▶ [PROBLEM DETAILS] There is one span to output from the data below: the lines starting at the line with "unfolding insert_grants" and ending at the line with "now st ≡ ok st'". Output it exactly, ends included, nothing more.

[Start of section]

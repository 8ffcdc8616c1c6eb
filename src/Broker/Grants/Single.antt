-- ===== src/Broker/Grants/Single.antt =====
-- Live grants of one scope (src/auth-broker/app/adapters/sqlite.py).
use mathai_ai_swarm_memory.Common.{
  ℕ, not, leb, length, is_empty, codes, find, guard, >>=-eq-ok, ok-injective, ◌≤◌, ◌≡◌, refl, ap,
  ◌∙◌, sym, ◌+◌, and_true, inl, inr, ◌&&◌, List, [], ◌∷◌, some, ◌++◌, ◌==◌, count_where,
  count-append, update_where, String, str_eq, eq_iff, ok, arith, Bool-cases, Option-cases,
}
use mathai_ai_swarm_memory.Broker.Store.{
  Datetime, GrantRow, Store, aware, value_error, scope_error, committed_keeps,
}
use mathai_ai_swarm_memory.Broker.Scopes.{validate_role, validate_grant_ttl}
use mathai_ai_swarm_memory.Broker.Principals.{
  Texts, has_id, canonical_id, cached_login, checked_scopes, insert_principal_locked, insert_grants,
  upsert_principal, allow_tx, allow_github_principal,
}
use mathai_ai_swarm_memory.Broker.Families.{active_principal}
use mathai_ai_swarm_memory.Broker.Grants.{
  Grant, is_live_grant, revoke_grant_row, revoked_grants, new_grant, insert_grant_locked,
  set_grant_tx, set_grant, revoke_grant_tx, revoke_grant,
}

-- A call that sets, revokes or allows grants.
pub data GrantCall : Type 0 where
  setting : String → String → String → Datetime → Datetime → GrantCall
  revoking : String → String → Datetime → GrantCall
  allowing : (ℕ → String) → String → String → String → List String → Datetime → Datetime → GrantCall

abbrev pub run_call : Texts → GrantCall → Store → Store
run_call texts (setting id principal_id scope now expires_at) st =
    (set_grant id principal_id scope now expires_at st).1
run_call texts (revoking principal_id scope now) st = (revoke_grant principal_id scope now st).1
run_call texts (allowing ids github_subject github_login role scopes now expires_at) st =
    (allow_github_principal texts ids github_subject github_login role scopes now expires_at st).1

abbrev pub run_calls : Texts → List GrantCall → Store → Store
run_calls texts [] st = st
run_calls texts (call ∷ calls) st = run_calls texts calls (run_call texts call st)

-- The number of live grants of a scope to a principal.
abbrev pub live_grants : String → String → Store → ℕ
live_grants principal_id scope st = count_where (is_live_grant principal_id scope) st.grants

revoked-none :
    (principal_id scope : String) (now : Datetime) (rows : List GrantRow)
    → count_where
        (is_live_grant principal_id scope)
        (update_where (is_live_grant principal_id scope) (revoke_grant_row now) rows)
      ≡ 0
revoked-none principal_id scope now [] = refl
revoked-none principal_id scope now (g ∷ rows) =
    ground (arith, revoked-none principal_id scope now rows)

revoked-fewer :
    (p s principal_id scope : String) (now : Datetime) (rows : List GrantRow)
    → count_where
        (is_live_grant p s)
        (update_where (is_live_grant principal_id scope) (revoke_grant_row now) rows)
      ≤ count_where (is_live_grant p s) rows
revoked-fewer p s principal_id scope now [] = omega arith
revoked-fewer p s principal_id scope now (g ∷ rows) =
    ground (arith, revoked-fewer p s principal_id scope now rows)

insert_grant_locked-stores :
    (id principal_id scope : String) (now expires_at : Datetime) (st st' : Store) (a : Grant)
    → insert_grant_locked id principal_id scope now expires_at st ≡ ok (a, st')
    → st'.grants
      ≡ revoked_grants principal_id scope now st
        ++ new_grant id principal_id scope now expires_at ∷ []
unfolding insert_grant_locked
insert_grant_locked-stores id principal_id scope now expires_at st st' a h = ground arith

insert_grant_locked-live_grants :
    (p s id principal_id scope : String) (now expires_at : Datetime) (st st' : Store) (a : Grant)
    → insert_grant_locked id principal_id scope now expires_at st ≡ ok (a, st')
    → live_grants p s st ≤ 1
    → live_grants p s st' ≤ 1
insert_grant_locked-live_grants p s id principal_id scope now expires_at st st' a h few =
    let row = new_grant id principal_id scope now expires_at in
    let kept = revoked_grants principal_id scope now st in
    let total : live_grants p s st'
        ≡ count_where (is_live_grant p s) kept + count_where (is_live_grant p s) (row ∷ []) =
      ap (count_where (is_live_grant p s))
        (insert_grant_locked-stores id principal_id scope now expires_at st st' a h)
      ∙ count-append (is_live_grant p s) kept (row ∷ []) in
    elim (Bool-cases (str_eq principal_id p && str_eq scope s)) [
      | inl same ↦
          let owner : principal_id ≡ p = (eq_iff principal_id p).0 ((and_true _ _ same).0) in
          let named : scope ≡ s = (eq_iff scope s).0 ((and_true _ _ same).1) in
          let none_left : count_where (is_live_grant p s) kept ≡ 0 =
            rw (sym owner) (rw (sym named) (revoked-none principal_id scope now st.grants)) in
          ground (arith, total, none_left)
      | inr differs ↦ ground (arith, total, few, revoked-fewer p s principal_id scope now st.grants)
    ]

set_grant_tx-live_grants :
    (p s id principal_id scope : String) (now expires_at : Datetime) (st st' : Store) (a : Grant)
    → set_grant_tx id principal_id scope now expires_at st ≡ ok (a, st')
    → live_grants p s st ≤ 1
    → live_grants p s st' ≤ 1
unfolding set_grant_tx
set_grant_tx-live_grants p s id principal_id scope now expires_at st st' a h few =
    elim (Option-cases (active_principal st principal_id)) [
      | inl lost ↦ absurd (ground arith)
      | inr (owner, found) ↦
          insert_grant_locked-live_grants p s id principal_id scope now expires_at st st' a
            (ground arith) few
    ]

revoke_grant_tx-live_grants :
    (p s principal_id scope : String) (now : Datetime) (st st' : Store) (a : Unit {0})
    → revoke_grant_tx principal_id scope now st ≡ ok (a, st')
    → live_grants p s st' ≤ live_grants p s st
unfolding revoke_grant_tx
revoke_grant_tx-live_grants p s principal_id scope now st st' a h =
    elim (Bool-cases (count_where (is_live_grant principal_id scope) st.grants == 0)) [
      | inl nothing ↦ let same : st'.grants ≡ st.grants = ground arith in rw same (omega arith)
      | inr busy ↦
          let written : st'.grants ≡ revoked_grants principal_id scope now st = ground arith in
          rw written (revoked-fewer p s principal_id scope now st.grants)
    ]

insert_grants-live_grants :
    (p s : String) (texts : Texts) (ids : ℕ → String) (k : ℕ) (principal_id : String)
    (scopes : List String) (now expires_at : Datetime) (st st' : Store)
    → insert_grants texts ids k principal_id scopes now expires_at st ≡ ok st'
    → live_grants p s st ≤ 1
    → live_grants p s st' ≤ 1
unfolding insert_grants
insert_grants-live_grants p s texts ids k principal_id [] now expires_at st st' h few =
    rw (sym (ok-injective h)) few
insert_grants-live_grants p s texts ids k principal_id (scope ∷ scopes) now expires_at st st' h
      few =
    let ((a, st1), e, r) =
      >>=-eq-ok (insert_grant_locked (ids k) principal_id scope now expires_at st) _ h in
    insert_grants-live_grants p s texts ids (k + 1) principal_id scopes now expires_at st1 st' r
      (insert_grant_locked-live_grants p s (ids k) principal_id scope now expires_at st st1 a e few)

upsert_principal-grants :
    (texts : Texts) (principal_id github_subject login role : String) (now : Datetime)
    (st st' : Store)
    → upsert_principal texts principal_id github_subject login role now st ≡ ok st'
    → st'.grants ≡ st.grants
unfolding upsert_principal insert_principal_locked
upsert_principal-grants texts principal_id github_subject login role now st st' h =
    elim (Option-cases (find (has_id principal_id) st.principals)) [
      | inl lost ↦ ground arith
      | inr (row, found) ↦ ground arith
    ]

allow_tx-live_grants :
    (p s : String) (texts : Texts) (ids : ℕ → String) (github_subject github_login role : String)
    (scopes : List String) (now expires_at : Datetime) (st st' : Store) (a : Unit {0})
    → allow_tx texts ids github_subject github_login role scopes now expires_at st ≡ ok (a, st')
    → live_grants p s st ≤ 1
    → live_grants p s st' ≤ 1
unfolding allow_tx
allow_tx-live_grants p s texts ids github_subject github_login role scopes now expires_at st st' a h
      few =
    let (u1, e1, h1) = >>=-eq-ok (aware now) _ h in
    let (u2, e2, h2) = >>=-eq-ok (aware expires_at) _ h1 in
    let (u3, e3, h3) = >>=-eq-ok (validate_role role) _ h2 in
    let (u4, e4, h4) = >>=-eq-ok (guard (texts.is_digits github_subject) value_error) _ h3 in
    let (login, e5, h5) = >>=-eq-ok (cached_login (some github_login)) _ h4 in
    let (u6, e6, h6) = >>=-eq-ok (guard (not (is_empty scopes)) scope_error) _ h5 in
    let (checked, e7, h7) = >>=-eq-ok (checked_scopes texts role [] scopes) _ h6 in
    let (u8, e8, h8) = >>=-eq-ok (validate_grant_ttl now expires_at) _ h7 in
    let principal_id = canonical_id github_subject in
    let (u9, e9, h9) = >>=-eq-ok (guard (leb (length (codes principal_id)) 64) value_error) _ h8 in
    let (st1, e10, h10) =
      >>=-eq-ok (upsert_principal texts principal_id github_subject github_login role now st) _
        h9 in
    let (st2, e11, h11) =
      >>=-eq-ok (insert_grants texts ids 0 principal_id checked now expires_at st1) _ h10 in
    let same : st2 ≡ st' = ap (λ (x : Unit × Store). x.1) (ok-injective h11) in
    let before : live_grants p s st1 ≤ 1 =
      rw
        (upsert_principal-grants texts principal_id github_subject github_login role now st st1 e10)
        few in
    rw (sym same) (
      insert_grants-live_grants p s texts ids 0 principal_id checked now expires_at st1 st2 e11
        before)

run_call-live_grants :
    (p s : String) (texts : Texts) (call : GrantCall) (st : Store)
    → live_grants p s st ≤ 1
    → live_grants p s (run_call texts call st) ≤ 1
unfolding set_grant revoke_grant allow_github_principal
run_call-live_grants p s texts (setting id principal_id scope now expires_at) st h =
    committed_keeps (λ x. live_grants p s x ≤ 1) st
      (set_grant_tx id principal_id scope now expires_at st) h
      (λ a st' e. set_grant_tx-live_grants p s id principal_id scope now expires_at st st' a e h)
run_call-live_grants p s texts (revoking principal_id scope now) st h =
    committed_keeps (λ x. live_grants p s x ≤ 1) st (revoke_grant_tx principal_id scope now st) h
      (λ a st' e.
        let fewer = revoke_grant_tx-live_grants p s principal_id scope now st st' a e in
        omega arith)
run_call-live_grants p s texts (allowing ids github_subject github_login role scopes now expires_at)
      st h =
    committed_keeps (λ x. live_grants p s x ≤ 1) st
      (allow_tx texts ids github_subject github_login role scopes now expires_at st) h
      (λ a st' e.
        allow_tx-live_grants p s texts ids github_subject github_login role scopes now expires_at st
          st' a e h)

-- A principal has at most one live grant of a scope after any calls that set or revoke a grant or
-- allow a principal with scopes, when it has at most one before them.
pub one_live_grant :
    (p s : String) (texts : Texts) (calls : List GrantCall) (st : Store)
    → live_grants p s st ≤ 1
    → live_grants p s (run_calls texts calls st) ≤ 1
one_live_grant p s texts [] st h = h
one_live_grant p s texts (call ∷ calls) st h =
    one_live_grant p s texts calls (run_call texts call st)
      (run_call-live_grants p s texts call st h)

[End of section]

▶ [EXERCISE RESULT]
unfolding insert_grants
insert_grants-live_grants p s texts ids k principal_id [] now expires_at st st' h few =
    rw (sym (ok-injective h)) few
insert_grants-live_grants p s texts ids k principal_id (scope ∷ scopes) now expires_at st st' h
      few =
    let ((a, st1), e, r) =
      >>=-eq-ok (insert_grant_locked (ids k) principal_id scope now expires_at st) _ h in
    insert_grants-live_grants p s texts ids (k + 1) principal_id scopes now expires_at st1 st' r
      (insert_grant_locked-live_grants p s (ids k) principal_id scope now expires_at st st1 a e few)

upsert_principal-grants :
    (texts : Texts) (principal_id github_subject login role : String) (now : Datetime)
    (st st' : Store)
    → upsert_principal texts principal_id github_subject login role now st ≡ ok st'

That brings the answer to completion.